Using the records below, give again exactly the lines from the line that contains "strtol [] = pos 0" through the line that contains "-- One digit with no digit behind it.", both ends included, and only those.

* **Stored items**
·····

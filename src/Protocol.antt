-- ===== src/Protocol.antt =====
-- firmware/src/protocol/protocol.{h,c}: the commands of the host, one JSON object per line. A C string
-- is the list of its bytes before the terminator; `int` and `long` have 32 bits on the RP2040.
pub mod Format
pub mod Numbers
pub mod Key
pub mod Object
use rp2040_eth_panel.Prelude.{
  ℕ, zero, suc, ◌+◌, ◌-◌, ◌*◌, ◌^◌, min, Bool, true, false, ◌&&◌, ◌||◌, List, [], ◌∷◌, ◌++◌, Option,
  none, some, and_then, length, same_bytes, leb, ◌==◌, if◌then◌else◌,
}
use rp2040_eth_panel.Prelude.Int.{ℤ, pos, negsuc, minus_one}
use rp2040_eth_panel.Prelude.Text.{codes}

-- '"', ':', ' ', '\t' and '-'
abbrev pub quote : ℕ
quote = 34

abbrev pub colon : ℕ
colon = 58

abbrev pub is_blank : ℕ → Bool
is_blank c = c == 32 || c == 9

abbrev pub minus : ℕ
minus = 45

abbrev pub is_digit : ℕ → Bool
is_digit c = leb 48 c && leb c 57

-- The text behind a prefix.
unfoldable pub strip_prefix : List ℕ → List ℕ → Option (List ℕ)
strip_prefix [] s = some s
strip_prefix (c ∷ p) [] = none
strip_prefix (c ∷ p) (d ∷ s) = if c == d then strip_prefix p s else none

unfoldable pub skip_blanks : List ℕ → List ℕ
skip_blanks [] = []
skip_blanks (c ∷ s) = if is_blank c then skip_blanks s else c ∷ s

-- `snprintf(pat, sizeof(pat), "\"%s\"", key)`; no key of the source is cut by the 40 bytes.
abbrev pub pattern_of : List ℕ → List ℕ
pattern_of key = quote ∷ key ++ (quote ∷ [])

-- A ':' between blanks, and the value behind it.
unfoldable pub colon_value : List ℕ → Option (List ℕ)
colon_value [] = none
colon_value (c ∷ q) = if c == colon then some (skip_blanks q) else none

unfoldable pub after_colon : List ℕ → Option (List ℕ)
after_colon s = colon_value (skip_blanks s)

-- The loop of `find_key`, with `skip` bytes to pass before the next search: a match that is no key is
-- passed whole.
unfoldable pub find_from : ℕ → List ℕ → List ℕ → Option (List ℕ)
find_from skip pat [] = none
find_from (suc skip) pat (c ∷ s) = find_from skip pat s
find_from zero pat (c ∷ s) =
    let next = find_from zero pat s in
    let past = find_from (length pat - 1) pat s in
    elim (strip_prefix pat (c ∷ s)) [
      | none ↦ next
      | some q ↦ elim (after_colon q) [ none ↦ past | some v ↦ some v ]
    ]

unfoldable pub find_key : List ℕ → List ℕ → Option (List ℕ)
find_key json key = find_from 0 (pattern_of key) json

-- The bytes before the closing '"', `n` at most.
unfoldable pub copy_str : ℕ → List ℕ → List ℕ
copy_str zero p = []
copy_str (suc n) [] = []
copy_str (suc n) (c ∷ p) = if c == quote then [] else c ∷ copy_str n p

-- `dstn` is the size of the buffer, with the terminator.
unfoldable pub string_value : ℕ → List ℕ → Option (List ℕ)
string_value dstn [] = none
string_value dstn (c ∷ p) = if c == quote then some (copy_str (dstn - 1) p) else none

unfoldable pub get_str : List ℕ → List ℕ → ℕ → Option (List ℕ)
get_str json key dstn = and_then (find_key json key) (string_value dstn)

-- The digits of `strtol`.
unfoldable pub digits_value : ℕ → List ℕ → ℕ
digits_value acc [] = acc
digits_value acc (c ∷ s) = if is_digit c then digits_value (acc * 10 + (c - 48)) s else acc

abbrev pub negative : ℕ → ℤ
negative zero = pos 0
negative (suc n) = negsuc n

-- `strtol(p, NULL, 10)` where `*p` is a '-' or a digit. It saturates.
unfoldable pub strtol : List ℕ → ℤ
strtol [] = pos 0
strtol (c ∷ s) =
    if c == minus
    then negative (min (2 ^ 31) (digits_value 0 s))
    else pos (min (2 ^ 31 - 1) (digits_value 0 (c ∷ s)))

unfoldable pub int_value : List ℕ → Option ℤ
int_value [] = none
int_value (c ∷ p) = if c == minus || is_digit c then some (strtol (c ∷ p)) else none

unfoldable pub get_int : List ℕ → List ℕ → Option ℤ
get_int json key = and_then (find_key json key) int_value

-- `strncmp(p, w, strlen(w)) == 0`
abbrev pub starts_with : List ℕ → List ℕ → Bool
starts_with w p = elim (strip_prefix w p) [ none ↦ false | some q ↦ true ]

-- One digit with no digit behind it.
unfoldable pub lone_digit : ℕ → List ℕ → Bool
lone_digit d [] = false
lone_digit d (c ∷ []) = c == d
lone_digit d (c ∷ e ∷ s) = if c == d then (if is_digit e then false else true) else false

unfoldable pub bool_value : List ℕ → Option ℕ
bool_value p =
    if starts_with (codes "true") p
    then some 1
    else if starts_with (codes "false") p
    then some 0
    else if lone_digit 49 p
    then some 1
    else if lone_digit 48 p
    then some 0
    else none

unfoldable pub get_bool : List ℕ → List ℕ → Option ℕ
get_bool json key = and_then (find_key json key) bool_value

-- `proto_cmd_type`
pub data ProtoCmdType : Type 0 where
  cmd_none cmd_ring cmd_lamp cmd_config cmd_ping cmd_ota cmd_hello cmd_unknown : ProtoCmdType

-- `proto_cmd`
pub record ProtoCmd : Type 0 where
  pub kind : ProtoCmdType
  pub id : ℤ
  pub r : ℤ
  pub g : ℤ
  pub b : ℤ
  pub brightness : ℤ
  pub on : ℤ
  pub debounce_ms : ℤ

-- `out` as `proto_parse` sets it first.
abbrev pub blank_cmd : ProtoCmd
blank_cmd = record {
  kind = cmd_none;
  id = minus_one;
  r = minus_one;
  g = minus_one;
  b = minus_one;
  brightness = minus_one;
  on = minus_one;
  debounce_ms = minus_one;
}

-- A field that `get_int` leaves alone keeps its -1.
abbrev pub int_or : Option ℤ → ℤ
int_or none = minus_one
int_or (some v) = v

abbrev pub bool_or : Option ℕ → ℤ
bool_or none = minus_one
bool_or (some n) = pos n

-- `proto_parse` behind a successful `get_str`.
unfoldable pub parse_fields : List ℕ → List ℕ → ProtoCmd
parse_fields line cmd =
    if same_bytes cmd (codes "ring")
    then record blank_cmd {
      kind = cmd_ring;
      id = int_or (get_int line (codes "id"));
      r = int_or (get_int line (codes "r"));
      g = int_or (get_int line (codes "g"));
      b = int_or (get_int line (codes "b"));
      brightness = int_or (get_int line (codes "brightness"));
    }
    else if same_bytes cmd (codes "lamp")
    then record blank_cmd { kind = cmd_lamp; on = bool_or (get_bool line (codes "on")) }
    else if same_bytes cmd (codes "config")
    then record blank_cmd {
      kind = cmd_config;
      debounce_ms = int_or (get_int line (codes "debounce_ms"));
    }
    else if same_bytes cmd (codes "ping")
    then record blank_cmd { kind = cmd_ping }
    else if same_bytes cmd (codes "ota")
    then record blank_cmd { kind = cmd_ota }
    else if same_bytes cmd (codes "hello")
    then record blank_cmd { kind = cmd_hello }
    else record blank_cmd { kind = cmd_unknown }

-- `none` is the result `false`, with which the caller does not read `out`.
unfoldable pub proto_parse : List ℕ → Option ProtoCmd
proto_parse line = and_then (get_str line (codes "cmd") 16) (λ cmd. some (parse_fields line cmd))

·····

* **Exercise answer**
strtol [] = pos 0
strtol (c ∷ s) =
    if c == minus
    then negative (min (2 ^ 31) (digits_value 0 s))
    else pos (min (2 ^ 31 - 1) (digits_value 0 (c ∷ s)))

unfoldable pub int_value : List ℕ → Option ℤ
int_value [] = none
int_value (c ∷ p) = if c == minus || is_digit c then some (strtol (c ∷ p)) else none

unfoldable pub get_int : List ℕ → List ℕ → Option ℤ
get_int json key = and_then (find_key json key) int_value

-- `strncmp(p, w, strlen(w)) == 0`
abbrev pub starts_with : List ℕ → List ℕ → Bool
starts_with w p = elim (strip_prefix w p) [ none ↦ false | some q ↦ true ]

-- One digit with no digit behind it.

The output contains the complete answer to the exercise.